WCC-124S by Orion! West Coast Customs
WCC-124S by Orion według producenta prezentuje bardzo wysoki poziom. Wydawać by sie mogło, że 400 watowy potwór stworzony został do wytwarzania ciśnienia i jest gotowe do walki. Spodziewałem się mocnego dynamicznego brzmienia dającego mnóstwo frajdy. Jak jest?
Pierwsze wrażenie jest bardzo pozytywne. W oczy kuje nas ciekawe i znane srebrne logo WCC. Głośnik to konstrukcja z polipropylenową membraną na solidnym gumowym zawieszeniu. Kosz dla poprawienia wygladu jest chromowany a na czarnej osłonie magnesu znajduje się logo WCC. To na wypadek odwrotnego montażu przetwornika. Przetwornik po prostu ma robić wrażenie. Dumnie podkreślone 400 wat jest jedynie mocą maksymalną, a prawdziwa wynosi 200 wat.
W kartonie znajdziemy dane z parametrami i wielkości przykładowych obudów.

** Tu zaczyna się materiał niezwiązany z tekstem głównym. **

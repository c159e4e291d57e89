-- ===== src/Outside/Slots.antt =====
-- The pools of receive slots of o3, fixed and growing, and the contract on their counts.
use tls.Base.{ℕ, suc, ◌≡◌, Option, some, Result, ok}
use tls.Outside.{Outside}

pub record Slots ⦃o : Outside⦄ : Type 1 where
  -- pool::Pool and pool::Growing. A slot that is dropped goes back to the pool that it is of.
  pub Fixed : Type 0
  pub Growing : Type 0
  pub borrow : Fixed → Option (o.Reserve × Fixed)
  pub try_borrow : Growing → Result o.AllocError (Option (o.Reserve × Growing))
  pub fixed_available : Fixed → ℕ
  pub growing_available : Growing → ℕ
  pub fixed_return : Fixed → Fixed
  pub growing_return : Growing → Growing

module _ ⦃o : Outside⦄ ⦃s : Slots⦄ where
  open s use {
    Fixed, Growing, borrow, try_borrow, fixed_available, growing_available, fixed_return,
    growing_return,
  }

  pub record SlotLaws : Type 0 where
    pub borrow-available :
        {p q : Fixed} {r : o.Reserve}
        → borrow p ≡ some (r, q)
        → fixed_available p ≡ suc (fixed_available q)
    pub try_borrow-available :
        {p q : Growing} {r : o.Reserve}
        → try_borrow p ≡ ok (some (r, q))
        → growing_available p ≡ suc (growing_available q)
    pub fixed_return-available :
        (p : Fixed) → fixed_available (fixed_return p) ≡ suc (fixed_available p)
    pub growing_return-available :
        (p : Growing) → growing_available (growing_return p) ≡ suc (growing_available p)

Co ciekawe spotkałem się z różnymi parametrami głośników. Dane na kartonie różnią się znacząco od tych, które podaje producent w instrukcji. O zgrozo! Po przeanalizowaniu wszystkich parametrów wybór padł na skrzynię zamknięta 35 litrową, taką jaką poleca producent. Dzięki temu udało nam sie upchnąć taki przetwornik w małym bagażniku Mazdy MX3.
Konfiguracja
Monoblock Ground Zero 2.500 TX.
Przedni zestaw Powerbass Chrome z Carpowerem HP-602.
Radio Sony REX-1.
Zasilanie 50 mm 2.
Kondensator 1F Helix.
Brzmienie
Sub gra naprawdę przeciętnie. Sugerowana przez producenta skrzynia 35l jest zdecydowanie za mała dla tego przetwornika. Dopiero w 50 l dzięki obniżeniu strojenie uzyskamy niższy i przyjemniejszy bas. Mimo tego strojenie jest za wysokie a szybkość basu mizerna. Brzmienie jest ocieżałe i wolne. W żadnym wypadku sub nie zgrywał sie z zestawem przednim bo był jakby o pół kroku z tyłu. Mimo, że głośnik otrzymywał sporą moc nie wywiązywał się ze swojego zadania. Boję się pomyśleć jak kiepsko brzmi pod przeciętnym wzmacniaczem 2 kanałowym. Jedynym ratunkiem w naszej istalacji był nisko ustawiony filtr dolno-przepustowy na poziomie 50hz. Jest rok 2006 i od głośnika w klasie budżetowej wymagamy więcej niż design. Trzydziestocentymetrowy potwór gra klasę niżej niż konkurencja.
Konkluzja
ES250, bije go na głowę pod względem zejścia, głośności i brzmienia.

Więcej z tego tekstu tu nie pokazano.